The way the Mail API works is that there's a file, called "mailcap", that lists implementations for common data types, like:

1
2
3
4
text/plain;;		x-java-content-handler=com.sun.mail.handlers.text_plain
text/html;;		x-java-content-handler=com.sun.mail.handlers.text_html
text/xml;;		x-java-content-handler=com.sun.mail.handlers.text_xml
multipart/*;;		x-java-content-handler=com.sun.mail.handlers.multipart_mixed; x-java-fallback-entry=true

So, while all the entrypoint classes are jakarta.mail.* now, the implementations remain com.sun.mail.*, all with the same class names. And, since this little jerk of a JAR is sitting in the system classpath, it has a way of showing up all the time, complaining that com.sun.mail.handlers.text_plain is incompatible with jakarta.activation.DataContentHandler.

This is extremely fiddly to deal with, potentially involving writing a special ClassLoader implementation that blocks calls down to the lower-level JAR. While maybe possible, I'm not sure it'd be possible in a way that would be practical for normal use in an app.

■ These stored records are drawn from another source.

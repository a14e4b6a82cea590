-- ===== src/Redis.antt =====
-- internal/redisx: the keys, and the Redis commands that the helpers send.
pub mod Lua
pub mod Keys
pub mod FastPath
pub mod Frame
pub mod Tokens
pub mod Risk
use flashsale_reservation.Prelude.{
  ℕ, zero, suc, ◌^◌, ltb, Bool, true, false, Option, none, some, List, [], ◌∷◌, ◌++◌, if◌then◌else◌,
}
use flashsale_reservation.Prelude.Int.{ℤ, pos, negsuc, ◌+ℤ◌, ◌-ℤ◌, ltb_ℤ, leb_ℤ}
use flashsale_reservation.Redis.Lua.{to_double}
use flashsale_reservation.Prelude.Text.{Text, codes, text_eq}
use flashsale_reservation.Prelude.Result.{Result, ok, err}

-- A value that reads as a 64-bit integer; a text that is a number to Lua and no such integer, with its
-- floor; or any other text.
pub data Value : Type 0 where
  integer : ℤ → Value
  decimal : ℤ → Text → Value
  text : Text → Value

pub record Entry : Type 0 where
  pub value : Value
  pub expires_at : Option ℤ

abbrev pub Redis : Type 0
Redis = Text → Option Entry

-- `unreachable`: no answer arrived (the network, a timeout, a cancelled context). `refused`: the
-- server answered with an error.
pub data RedisError : Type 0 where
  unreachable refused : RedisError

-- What happens to a command: it goes through, it is cut off before the server runs it, the server
-- runs it and the answer is lost, or the answer is lost and the client sends it again: go-redis does,
-- since client.go leaves its MaxRetries as it is.
pub data Link : Type 0 where
  up cut lost : Link
  again : Link → Link

abbrev pub via {ℓ} :
    {A : Type ℓ}
    → Link
    → (Redis → Result RedisError A × Redis)
    → Redis
    → Result RedisError A × Redis
via up command r = command r
via cut command r = (err unreachable, r)
via lost command r = (err unreachable, (command r).1)
via (again link) command r = via link command (command r).1

-- A key is there until the time at which it expires.
abbrev pub is_alive : ℤ → Option ℤ → Bool
is_alive now none = true
is_alive now (some t) = ltb_ℤ now t

abbrev pub visible : ℤ → Option Entry → Option Entry
visible now none = none
visible now (some e) = if is_alive now e.expires_at then some e else none

unfoldable pub read : ℤ → Text → Redis → Option Entry
read now key r = visible now (r key)

unfoldable pub write : Text → Option Entry → Redis → Redis
write key e r k = if text_eq key k then e else r k

abbrev pub fits_int64 : ℤ → Bool
fits_int64 (pos n) = ltb n (2 ^ 63)
fits_int64 (negsuc n) = ltb n (2 ^ 63)

-- INCRBY: a missing key counts from 0, the expiry of an old one stays, and neither a value that is
-- no integer nor an overflow is accepted.
unfoldable pub incr_by : ℤ → Text → ℤ → Redis → Result RedisError ℤ × Redis
incr_by now key d r = elim (read now key r) [
  | none ↦ (ok d, write key (some (record { value = integer d; expires_at = none })) r)
  | some e ↦ elim e.value [
    | text t ↦ (err refused, r)
    | decimal z t ↦ (err refused, r)
    | integer n ↦
        if fits_int64 (n +ℤ d)
        then (ok (n +ℤ d), write key (some (record e { value = integer (n +ℤ d) })) r)
        else (err refused, r)
  ]
]

-- The number that a command answers is a double to the script that returns it.
abbrev pub in_lua : Result RedisError ℤ × Redis → Result RedisError ℤ × Redis
in_lua (ok n, r) = (ok (to_double n), r)
in_lua (err e, r) = (err e, r)

-- redis.call('DECRBY', KEYS[1], qty): Redis prints the number with %.17g, which is no integer from
-- 10 ^ 17 on.
unfoldable pub decr_by : ℤ → Text → ℤ → Redis → Result RedisError ℤ × Redis
decr_by now key qty r =
    if ltb_ℤ qty (pos (10 ^ 17))
    then in_lua (incr_by now key (pos 0 -ℤ qty) r)
    else (err refused, r)

-- The Lua script of inventory.go, which the server runs as one step. `tonumber` of a missing key or
-- of a text that is no number is nil.
unfoldable pub decrement_script : ℤ → Text → ℤ → Redis → Result RedisError ℤ × Redis
decrement_script now key qty r = elim (read now key r) [
  | none ↦ (ok (negsuc 0), r)
  | some e ↦ elim e.value [
    | text t ↦ (ok (negsuc 0), r)
    | decimal z t ↦ if ltb_ℤ z (to_double qty) then (ok (negsuc 1), r) else (err refused, r)
    | integer n ↦
        if ltb_ℤ (to_double n) (to_double qty)
        then (ok (negsuc 1), r)
        else decr_by now key (to_double qty) r
  ]
]

-- keys.go: the formats "admission:%s:%s", "inventory:%s", "queue_depth:%s" and "risk:%s:%s".
abbrev pub colon : ℕ
colon = b':'

unfoldable pub admission_key : Text → Text → Text
admission_key item user = codes "admission:" ++ (item ++ (colon ∷ user))

unfoldable pub inventory_key : Text → Text
inventory_key item = codes "inventory:" ++ item

unfoldable pub queue_depth_key : Text → Text
queue_depth_key item = codes "queue_depth:" ++ item

unfoldable pub risk_score_key : Text → Text → Text
risk_score_key item user = codes "risk:" ++ (item ++ (colon ∷ user))

pub data Error : Type 0 where
  negative_seed bad_quantity bad_ttl bad_depth inventory_not_found insufficient_inventory : Error
  redis : RedisError → Error

abbrev pub wrap {ℓ} : {A : Type ℓ} → Result RedisError A × Redis → Result Error A × Redis
wrap (ok a, r) = (ok a, r)
wrap (err e, r) = (err (redis e), r)

-- SET with no expiry.
abbrev pub set_count : Text → ℤ → Redis → Result RedisError (Unit {0}) × Redis
set_count key n r = (ok tt, write key (some (record { value = integer n; expires_at = none })) r)

-- inventory.go
unfoldable pub seed_inventory : Link → Text → ℤ → Redis → Result Error (Unit {0}) × Redis
seed_inventory link item available r =
    if ltb_ℤ available (pos 0)
    then (err negative_seed, r)
    else wrap (via link (set_count (inventory_key item) available) r)

-- `Int64()` fails on a value that is no integer, without the server.
abbrev pub to_int64 : Error → Option Entry → Result Error ℤ
to_int64 missing none = err missing
to_int64 missing (some e) = elim e.value [
  | integer n ↦ ok n
  | text t ↦ err (redis refused)
  | decimal z t ↦ err (redis refused)
]

-- A GET changes nothing, so losing its answer is the same as losing the command.
unfoldable pub get_inventory : Link → ℤ → Text → Redis → Result Error ℤ
get_inventory up now item r = to_int64 inventory_not_found (read now (inventory_key item) r)
get_inventory cut now item r = err (redis unreachable)
get_inventory lost now item r = err (redis unreachable)
get_inventory (again link) now item r = get_inventory link now item r

-- The switch on the script's answer.
abbrev pub script_result : Result Error ℤ × Redis → Result Error ℤ × Redis
script_result (err e, r) = (err e, r)
script_result (ok (negsuc zero), r) = (err inventory_not_found, r)
script_result (ok (negsuc (suc zero)), r) = (err insufficient_inventory, r)
script_result (ok n, r) = (ok n, r)

unfoldable pub try_decrement_inventory : Link → ℤ → Text → ℤ → Redis → Result Error ℤ × Redis
try_decrement_inventory link now item quantity r =
    if leb_ℤ quantity (pos 0)
    then (err bad_quantity, r)
    else script_result (wrap (via link (decrement_script now (inventory_key item) quantity) r))

abbrev pub forget {ℓ} : {A : Type ℓ} → Result Error A × Redis → Result Error (Unit {0}) × Redis
forget (ok a, r) = (ok tt, r)
forget (err e, r) = (err e, r)

unfoldable pub release_inventory : Link → ℤ → Text → ℤ → Redis → Result Error (Unit {0}) × Redis
release_inventory link now item quantity r =
    if leb_ℤ quantity (pos 0)
    then (err bad_quantity, r)
    else forget (wrap (via link (incr_by now (inventory_key item) quantity) r))

-- tokens.go. The token's value is the time as RFC 3339 text, given as `stamp`.
abbrev pub set_token : ℤ → Text → Text → ℤ → Redis → Result RedisError (Unit {0}) × Redis
set_token now key stamp ttl r =
    (ok tt, write key (some (record { value = text stamp; expires_at = some (now +ℤ ttl) })) r)

unfoldable pub grant_admission :
    Link → ℤ → Text → Text → Text → ℤ → Redis → Result Error (Unit {0}) × Redis
grant_admission link now stamp item user ttl r =
    if leb_ℤ ttl (pos 0)
    then (err bad_ttl, r)
    else wrap (via link (set_token now (admission_key item user) stamp ttl) r)

-- GETDEL, and whether it found a key.
abbrev pub get_del : ℤ → Text → Redis → Result RedisError Bool × Redis
get_del now key r = elim (read now key r) [
  | none ↦ (ok false, r)
  | some e ↦ (ok true, write key none r)
]

unfoldable pub consume_admission : Link → ℤ → Text → Text → Redis → Result Error Bool × Redis
consume_admission link now item user r = wrap (via link (get_del now (admission_key item user)) r)

-- queue.go
unfoldable pub set_queue_depth : Link → Text → ℤ → Redis → Result Error (Unit {0}) × Redis
set_queue_depth link item depth r =
    if ltb_ℤ depth (pos 0)
    then (err bad_depth, r)
    else wrap (via link (set_count (queue_depth_key item) depth) r)

abbrev pub depth_or_zero : Option Entry → Result Error ℤ
depth_or_zero none = ok (pos 0)
depth_or_zero (some e) = elim e.value [
  | integer n ↦ ok n
  | text t ↦ err (redis refused)
  | decimal z t ↦ err (redis refused)
]

unfoldable pub get_queue_depth : Link → ℤ → Text → Redis → Result Error ℤ
get_queue_depth up now item r = depth_or_zero (read now (queue_depth_key item) r)
get_queue_depth cut now item r = err (redis unreachable)
get_queue_depth lost now item r = err (redis unreachable)
get_queue_depth (again link) now item r = get_queue_depth link now item r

And so, with a heavy heart, I forked the thing and added an "org.openntf" in front of all the package names. And that... works! It works just fine. It means that I'm on the hook for manually integrating any upstream changes, but at least it works without having to worry about any conflicts.

That wasn't the end of my trouble with this spec, though. The spec package itself, in jakarta.mail.Session uses ServiceLoader to look for services, and it uses it in the form that looks them up with the current thread's ClassLoader. Because I'm working in OSGi, that ClassLoader - the XPage app's loader - won't know about the implementation classes directly, and this call fails. And, while there's a whole sub-spec in OSGi for dealing with this, I've never had success actually getting it working in Domino.

So I forked that freaking thing too and modified the calls to use its own ClassLoader, which could find the implementation by way of it being a fragment bundle attached to it.

And, with that, finally, I had Jakarta Mail properly hooked up and working without having to jump through too many hoops. I'd still prefer to not have forked the source, but it was the best of a bad lot of choices.

The Final Tally

That brings the specs updated/added in this project to:

  • Expression Language 4.0
  • Contexts and Dependency Injection 3.0
    • Annotations 2.0
    • Interceptors 2.0
    • Dependency Injection 2.0
  • RESTful Web Services (JAX-RS) 3.0
  • Bean Validation 3.0
  • JSON Processing 2.0
  • JSON Binding 2.0
  • XML Binding 3.0
  • Mail 2.1
    • Activation 2.1

Not too shabby, if I say so myself. Technically, Servlet 5.0 is in there, but it doesn't actually bring any newer-than-2.4 powers to the Servlet container, so it's really just infrastructural details.

Now I'll just have the work of updating my client project and finally getting to use whatever that Yasson bug fix was that prompted this in the first place.